Gender stereotypes, Learning to negotiate, Volatile bodies

Getting Rid Of Your Virginity

Reading Emily Nagoski’s How to break your hymen and the comments has made me think.

I remember the fear very well. I think it’s inside me even now. The fear of being penetrated. The terror of being hurt by something that should be pleasurable.

I remember how hollow I felt after the first time I had sex. I didn’t feel anything. There was nothing there that I enjoyed and there was nothing there in my partner that could understand me – reach me – after the fact. He was just taken aback that I didn’t enjoy it even though he didn’t do much in the way of foreplay or talking for that matter.

This was also reminded to me by Joe, when we talked. He confessed to losing his virginity to a girl at the age of 19 and said it didn’t go well. When I was younger, and even in the not so recent past, I never realized how terrifying it must feel that there’s this very real possibility that you couldn’t perform. That all the sex is dependant on your physical functioning. The other thing I never realized was how frightening it is to be scared of not pleasing your partner.

I remember Wonderboy telling me, how he was scared that he wouldn’t last long enough or couldn’t please his partner.

And I remember the first time I was really worried about getting my partner to come – when I was having sex with a girl. I knealed in the foot of the bed to lick her pussy and suddenly realized, how incredibly intimidating it was that I was about to try to please her. I didn’t know her! She could be totally different from me! She did come and I was washed over with relief. I got to experience what it feels like to have to perform in a different way than I’d experienced in the past – not as the sexual object but as the perfomer. I also got to experience, how it feels that your orgasm is taken for granted. She hardly touched me, and although it was fun and I came, I felt like I’d been used to perform the whole sex.

Now, with my experiences in mind, I could totally relate to Joe’s story about his total inability to perform, when it was his first time. And he carried this knowledge of himself as the failure with him to this day. But when he met this woman again last summer, he decided to face her and tell how he felt. As he did tell her it had been his first time, that he’d been nervious and frightened, the woman started to cry. She had blamed herself for ruining everything. She had blamed herself for being no good at sex.

What good did it do for Joe to keep quiet about his virginity? He failed miserably, because of the incredible stress – and also I think because of the lie. He needed to try to keep pretending, because she didn’t know. So they both suffered.

Wonderboy didn’t tell me he was a virgin, either. I suspect I’ve slept with one virgin before him, and I didn’t know about that either. My first partner knew full well that I had no experiences. I was 15, he was 27. I wasn’t at all ashamed, but I can imagine the shame building up. I wanted to get rid of my virginity and I was only 15. What about at 19… or 23?
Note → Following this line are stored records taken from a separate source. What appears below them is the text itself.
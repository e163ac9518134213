-- ===== src/Transfer/Model.antt =====
-- The trait of src/transfer/mod.rs, and its three implementations.
use kvflow_sim.Base.{ℕ}
use kvflow_sim.Error.{Result}
use kvflow_sim.Transfer.Path.{TransferPath, TransferEstimate}
use kvflow_sim.Transfer.Analytical
use kvflow_sim.Transfer.Analytical.{AnalyticalTransferModel}
use kvflow_sim.Transfer.Queued
use kvflow_sim.Transfer.Queued.{QueuedTransferModel}
use kvflow_sim.Transfer.Table
use kvflow_sim.Transfer.Table.{TableCalibratedTransferModel}

-- `estimate` takes `&mut self`: it returns the model as it leaves it.
pub record TransferModel (M : Type 0) : Type 0 where
  pub estimate : M → ℕ → TransferPath → ℕ → M × Result TransferEstimate
  pub estimate_duration : M → TransferPath → ℕ → Result ℕ

abbrev pub analytical : TransferModel AnalyticalTransferModel
analytical = record {
  estimate = λ m now path bytes. (m, Analytical.estimate m now path bytes);
  estimate_duration = Analytical.estimate_duration;
}

abbrev pub queued : TransferModel QueuedTransferModel
queued = record { estimate = Queued.estimate; estimate_duration = Queued.estimate_duration }

abbrev pub table : TransferModel TableCalibratedTransferModel
table = record {
  estimate = λ m now path bytes. (m, Table.estimate m now path bytes);
  estimate_duration = Table.estimate_duration;
}
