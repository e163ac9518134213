-- ===== src/Policy/Interface.antt =====
-- The trait `PlacementPolicy` of src/policy/placement.rs, and the policies of src/policy as what it asks.
use kvflow_sim.Cluster.Topology.{ClusterTopology}
use kvflow_sim.Cache.State.{CacheState, HashOrder}
use kvflow_sim.Model.Compute.{ComputeModel}
use kvflow_sim.Transfer.Model.{TransferModel}
use kvflow_sim.Policy.Placement.{PlaceRequest, Placed}
use kvflow_sim.Policy.LocalGpuLru
use kvflow_sim.Policy.LocalGpuLru.{LocalGpuLru}
use kvflow_sim.Policy.CpuOffloadLru
use kvflow_sim.Policy.CpuOffloadLru.{CpuOffloadLru}
use kvflow_sim.Policy.Baselines.{RemoteLru, SizeAware, remote_lru, size_aware}
use kvflow_sim.Policy.NetworkAware
use kvflow_sim.Policy.NetworkAware.{NetworkAwarePlacement}

-- `place` takes itself, the cache and the transfer model by `&mut`: it returns them as it leaves them.
pub record PlacementPolicy (P M : Type 0) : Type 0 where
  pub place :
      P
      → M
      → TransferModel M
      → PlaceRequest
      → ClusterTopology
      → CacheState
      → ComputeModel
      → (P × M) × Placed

module _ {M : Type 0} (order : HashOrder) where
  abbrev pub local_gpu_lru : PlacementPolicy LocalGpuLru M
  local_gpu_lru = record {
    place =
        λ p m model r cluster cache compute. ((p, m), LocalGpuLru.place p order cluster r cache);
  }

  abbrev pub cpu_offload_lru : PlacementPolicy CpuOffloadLru M
  cpu_offload_lru = record {
    place =
        λ p m model r cluster cache compute. ((p, m), CpuOffloadLru.place p order cluster r cache);
  }

  abbrev pub remote : PlacementPolicy RemoteLru M
  remote = record {
    place = λ p m model r cluster cache compute. ((p, m), remote_lru p order r cache);
  }

  abbrev pub sized : PlacementPolicy SizeAware M
  sized = record {
    place = λ p m model r cluster cache compute. ((p, m), size_aware p order r cache);
  }

  abbrev pub network_aware : PlacementPolicy NetworkAwarePlacement M
  network_aware = record {
    place = λ p m model r cluster cache compute.
        ((p, m), NetworkAware.place p order cluster r compute (model.estimate_duration m) cache);
  }
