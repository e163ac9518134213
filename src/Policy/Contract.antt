-- ===== src/Policy/Contract.antt =====
-- What every policy of src/policy does to the cache: it takes objects out, and then at most puts the
-- one of the request in.
use kvflow_sim.Base.{
  ℕ, zero, suc, inl, inr, true, false, List, [], ◌∷◌, Option, none, some, ltb, leb, length, Bool,
  if◌then◌else◌, Bool-cases, Option-cases,
}
use kvflow_sim.Base.Select.{min_by_key}
use kvflow_sim.Base.Int.{ℤ}
use kvflow_sim.Cache.Tier.{TierKind}
use kvflow_sim.Cache.Object.{CacheLocation, KvObject}
use kvflow_sim.Cache.State.{
  CacheState, HashOrder, available_space, capacity, objects_in_tier, remove, insert,
}
use kvflow_sim.Cluster.Topology.{ClusterTopology}
use kvflow_sim.Model.Compute.{ComputeModel}
use kvflow_sim.Transfer.Path.{TransferPath}
use kvflow_sim.Transfer.Model.{TransferModel}
use kvflow_sim.Error.{Result}
use kvflow_sim.Policy.Placement.{EvictedKv, PlaceRequest, Placed, object_at, store_at}
use kvflow_sim.Policy.Evict.{evict_rounds, evict_lru}
use kvflow_sim.Policy.LocalGpuLru
use kvflow_sim.Policy.LocalGpuLru.{LocalGpuLru, find_gpu_with_space, fall_back}
use kvflow_sim.Policy.CpuOffloadLru
use kvflow_sim.Policy.CpuOffloadLru.{CpuOffloadLru, try_place_in_tier}
use kvflow_sim.Policy.Baselines.{RemoteLru, SizeAware, tier_for, remote_lru, size_aware}
use kvflow_sim.Policy.NetworkAware
use kvflow_sim.Policy.NetworkAware.{NetworkAwarePlacement, scored}
use kvflow_sim.Policy.Interface.{
  PlacementPolicy, local_gpu_lru, cpu_offload_lru, remote, sized, network_aware,
}

-- From a state through removals to another.
pub data Cleared : CacheState → CacheState → Type 0 where
  stop : {c : CacheState} → Cleared c c
  take : {c d : CacheState} (k : ℕ) → Cleared (remove c k).0 d → Cleared c d

pub follows : {c d e : CacheState} → Cleared c d → Cleared d e → Cleared c e
follows stop h = h
follows (take k g) h = take k (follows g h)

-- Removals, and at most the insertion of the object of the request.
pub data Behaves (r : PlaceRequest) (c : CacheState) : CacheState → Type 0 where
  leaves : {d : CacheState} → Cleared c d → Behaves r c d
  puts :
      {d : CacheState} (loc : CacheLocation)
      → Cleared c d
      → Behaves r c (insert d (object_at r loc)).0

-- The contract of a policy: whatever it is asked, in whatever state, and however it ends.
pub record IsLawful {P M : Type 0} (policy : PlacementPolicy P M) : Type 0 where
  pub behaves :
      (p : P) (m : M) (model : TransferModel M) (r : PlaceRequest) (cluster : ClusterTopology)
      (c : CacheState) (compute : ComputeModel)
      → Behaves r c (policy.place p m model r cluster c compute).1.0

module _ (order : HashOrder) where
  rounds-Cleared :
      (n : ℕ) (t : TierKind) (bytes fuel : ℕ) (c : CacheState) (evicted : List EvictedKv)
      → Cleared c (evict_rounds order n t bytes fuel c evicted).0
  unfolding evict_rounds
  rounds-Cleared n t bytes zero c evicted = stop
  rounds-Cleared n t bytes (suc fuel) c evicted =
      elim (Bool-cases (ltb (available_space c n t) bytes)) [
        | inr room ↦ rw (room, evict_rounds) stop
        | inl tight ↦
            elim (Option-cases
              (min_by_key (λ (o : KvObject). o.last_access_ns) (objects_in_tier order c n t))) [
                | inl empty ↦ rw (tight, evict_rounds) (rw (empty, evict_rounds) stop)
                | inr (v, oldest) ↦
                    rw (tight, evict_rounds)
                      (rw (oldest, evict_rounds) (take v.kv_id (rounds-Cleared n t bytes fuel _ _)))
              ]
      ]

  evict_lru-Cleared :
      (n : ℕ) (t : TierKind) (bytes : ℕ) (c : CacheState) (evicted : List EvictedKv)
      → Cleared c (evict_lru order n t bytes c evicted).0
  unfolding evict_lru
  evict_lru-Cleared n t bytes c evicted =
      rounds-Cleared n t bytes (suc (length c.objects)) c evicted

  module _ (r : PlaceRequest) where
    store_at-Behaves :
        {c : CacheState} (d : CacheState) (loc : CacheLocation) (evicted : List EvictedKv)
        → Cleared c d
        → Behaves r c (store_at d r loc evicted).0
    unfolding store_at
    store_at-Behaves d loc evicted h = puts loc h

    abbrev Goes : CacheState → Placed → Type 0
    Goes c p = Behaves r c p.0

    branch :
        {c : CacheState} (b : Bool) (x y : Placed)
        → Goes c x
        → Goes c y
        → Goes c (if b then x else y)
    branch true x y g h = g
    branch false x y g h = h

    found :
        {c : CacheState} {A : Type 0} (o : Option A) (f : A → Placed) (y : Placed)
        → ((a : A) → Goes c (f a))
        → Goes c y
        → Goes c (elim o [ none ↦ y | some a ↦ f a ])
    found none f y g h = h
    found (some a) f y g h = g a

    module _ (self : LocalGpuLru) (cluster : ClusterTopology) where
      open self use {target_node}

      fall_back-Goes :
          {c : CacheState} (d : CacheState) (evicted : List EvictedKv)
          → Cleared c d
          → Goes c (fall_back self order cluster r d evicted)
      unfolding fall_back
      fall_back-Goes d evicted h =
          branch (leb r.bytes (available_space d target_node TierKind.cpu)) _ _
            (store_at-Behaves d (CacheLocation.cpu target_node) evicted h) (leaves h)

      local_gpu-Goes : (c : CacheState) → Goes c (LocalGpuLru.place self order cluster r c)
      unfolding LocalGpuLru.place LocalGpuLru.after_eviction
      local_gpu-Goes c =
          let e = evict_lru order target_node TierKind.gpu r.bytes c [] in
          let h = evict_lru-Cleared target_node TierKind.gpu r.bytes c [] in
          found (find_gpu_with_space cluster c target_node r.bytes) _ _
            (λ g. store_at-Behaves c (CacheLocation.gpu target_node g) [] stop)
            (branch (leb r.bytes (available_space e.0 target_node TierKind.gpu)) _ _
              (found (find_gpu_with_space cluster e.0 target_node r.bytes) _ _
                (λ g. store_at-Behaves e.0 (CacheLocation.gpu target_node g) e.1 h)
                (fall_back-Goes e.0 e.1 h))
              (fall_back-Goes e.0 e.1 h))

    module _ (self : CpuOffloadLru) (cluster : ClusterTopology) where
      open self use {target_node}

      in_tier-Goes :
          {c : CacheState} (tier : TierKind) (d : CacheState) (evicted : List EvictedKv)
          (otherwise : Placed)
          → Cleared c d
          → Goes c otherwise
          → Goes c (CpuOffloadLru.try_tier self order cluster r tier d evicted otherwise)
      unfolding CpuOffloadLru.try_tier
      in_tier-Goes tier d evicted otherwise h g =
          found (try_place_in_tier cluster d target_node tier r.bytes) _ _
            (λ loc. store_at-Behaves d loc evicted h) g

      cpu_offload-Goes : (c : CacheState) → Goes c (CpuOffloadLru.place self order cluster r c)
      unfolding CpuOffloadLru.place CpuOffloadLru.after_gpu CpuOffloadLru.after_cpu
      cpu_offload-Goes c =
          let e = evict_lru order target_node TierKind.gpu r.bytes c [] in
          let h = evict_lru-Cleared target_node TierKind.gpu r.bytes c [] in
          let f = evict_lru order target_node TierKind.cpu r.bytes e.0 e.1 in
          let k = follows h (evict_lru-Cleared target_node TierKind.cpu r.bytes e.0 e.1) in
          in_tier-Goes TierKind.gpu c [] _ stop (
            in_tier-Goes TierKind.gpu e.0 e.1 _ h (
              in_tier-Goes TierKind.cpu e.0 e.1 _ h
                (in_tier-Goes TierKind.cpu f.0 f.1 _ k (leaves k))))

    remote-Goes : (self : RemoteLru) (c : CacheState) → Goes c (remote_lru self order r c)
    unfolding remote_lru
    remote-Goes self c =
        store_at-Behaves _ _ _
          (evict_lru-Cleared self.target_node TierKind.remote_memory r.bytes c [])

    sized-Goes : (self : SizeAware) (c : CacheState) → Goes c (size_aware self order r c)
    unfolding size_aware
    sized-Goes self c =
        store_at-Behaves _ _ _
          (evict_lru-Cleared self.target_node (tier_for self r.bytes) r.bytes c [])

    module _ (self : NetworkAwarePlacement) (cluster : ClusterTopology) where
      open self use {target_node}

      tier-Goes :
          {c : CacheState} (tier : TierKind) (o : Option CacheLocation)
          (next : CacheState → List EvictedKv → Placed) (d : CacheState) (evicted : List EvictedKv)
          → ((b : CacheState) (l : List EvictedKv) → Cleared c b → Goes c (next b l))
          → Cleared c d
          → Goes c (NetworkAware.try_tier self order cluster r tier o next d evicted)
      unfolding NetworkAware.try_tier NetworkAware.settle
      tier-Goes tier none next d evicted g h = g d evicted h
      tier-Goes tier (some loc) next d evicted g h =
          let e = evict_lru order target_node tier r.bytes d evicted in
          let k = follows h (evict_lru-Cleared target_node tier r.bytes d evicted) in
          branch (ltb (capacity d target_node tier) r.bytes) _ _ (g d evicted h) (
            branch (leb r.bytes (available_space e.0 target_node tier)) _ _
              (store_at-Behaves e.0 loc e.1 k) (g e.0 e.1 k))

      scored-Goes :
          {c : CacheState} (l : List (TierKind × ℤ)) (d : CacheState) (evicted : List EvictedKv)
          → Cleared c d
          → Goes c (NetworkAware.try_tiers self order cluster r l d evicted)
      unfolding NetworkAware.try_tiers
      scored-Goes [] d evicted h = leaves h
      scored-Goes ((tier, score) ∷ l) d evicted h =
          tier-Goes tier (NetworkAware.location_for target_node tier cluster)
            (NetworkAware.try_tiers self order cluster r l) d evicted (scored-Goes l) h

      network_aware-Goes :
          (compute : ComputeModel) (estimate_duration : TransferPath → ℕ → Result ℕ)
          (c : CacheState)
          → Goes c (NetworkAware.place self order cluster r compute estimate_duration c)
      unfolding NetworkAware.place
      network_aware-Goes compute estimate_duration c =
          scored-Goes (scored r.bytes r.prefix_tokens compute estimate_duration) c [] stop

module _ {M : Type 0} (order : HashOrder) where
  pub local_gpu_lru-IsLawful : IsLawful {M = M} (local_gpu_lru order)
  local_gpu_lru-IsLawful = record {
    behaves = λ p m model r cluster c compute. local_gpu-Goes order r p cluster c;
  }

  pub cpu_offload_lru-IsLawful : IsLawful {M = M} (cpu_offload_lru order)
  cpu_offload_lru-IsLawful = record {
    behaves = λ p m model r cluster c compute. cpu_offload-Goes order r p cluster c;
  }

  pub remote-IsLawful : IsLawful {M = M} (remote order)
  remote-IsLawful = record { behaves = λ p m model r cluster c compute. remote-Goes order r p c }

  pub sized-IsLawful : IsLawful {M = M} (sized order)
  sized-IsLawful = record { behaves = λ p m model r cluster c compute. sized-Goes order r p c }

  pub network_aware-IsLawful : IsLawful {M = M} (network_aware order)
  network_aware-IsLawful = record {
    behaves = λ p m model r cluster c compute.
        network_aware-Goes order r p cluster compute (model.estimate_duration m) c;
  }

  -- Each of the five policies, whatever it is asked and in whatever state, takes objects out of the
  -- cache and then at most inserts the one object of the request, also where it fails.
  pub policies-IsLawful :
      IsLawful {M = M} (local_gpu_lru order)
      × IsLawful {M = M} (cpu_offload_lru order)
      × IsLawful {M = M} (remote order)
      × IsLawful {M = M} (sized order)
      × IsLawful {M = M} (network_aware order)
  policies-IsLawful = (
    local_gpu_lru-IsLawful, cpu_offload_lru-IsLawful, remote-IsLawful, sized-IsLawful,
    network_aware-IsLawful,
  )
I wish I’d known about Wonderboy. I could’ve taken him into consideration. I could’ve been more communicative, more gentle, more compassionate. But I didn’t know to be. There was still something magical there when we met. His touch was like a flame on my skin. He found me, he felt me and he heard me. It was something I’d never felt with a man before. That hasn’t changed. His touch made me suspect that he’d actually had loads of experiences. I thought he’d had a girlfriend who had trained him.

When I found out, I almost didn’t believe him at first. I couldn’t believe he would just be so attuned with his body, with touching mine, if he’d never done it before. After the first few times, after confessing he’d been a virgin, he started to have problems with keeping an erection. It’s clear to me now, as it was then, that this was emotional. Sex is not some separate thing our bodies perform. This was a thing I argued with Joe about. He was telling me, with different anecdotes about his life, his cheating on The One True Love, his 3 year celibacy that followed, with now paying Thai girls to like him, how incredibly hurt he’d been. And he still couldn’t accept that the problems he was having with sex were most likely because he was emotionally so broken.

There are things, hurtful things, that we believe about the world. One of them is that not having sexual experiences is a bad thing. One of them is that we think there are certain ways we need to perform and certain acts we need to do for sex to be real somehow. And one of them is that we can separate our body from our soul. This is where sex starts to mean performing and not playing, finding out, exploring and experiencing connection. We wouldn’t want to hug a stranger or possibly wouldn’t be very compassionate about their troubles. Why would sex be any different? Why do we expect our bodies to function in a situation where they never naturally would?

I feel so sad about my first time, about Wonderboy’s lack of trust in me the first time and about Joe’s experience the first time. And I know the only thing that could’ve changed everything… is communicating. But we just didn’t have the courage and the ability then. I hope we do now.

Our bodies remember everything we’ve ever felt. Every little stab, kick, trauma or loving embrace. There’s no way to override yourself. And that’s what your history is. A part of yourself.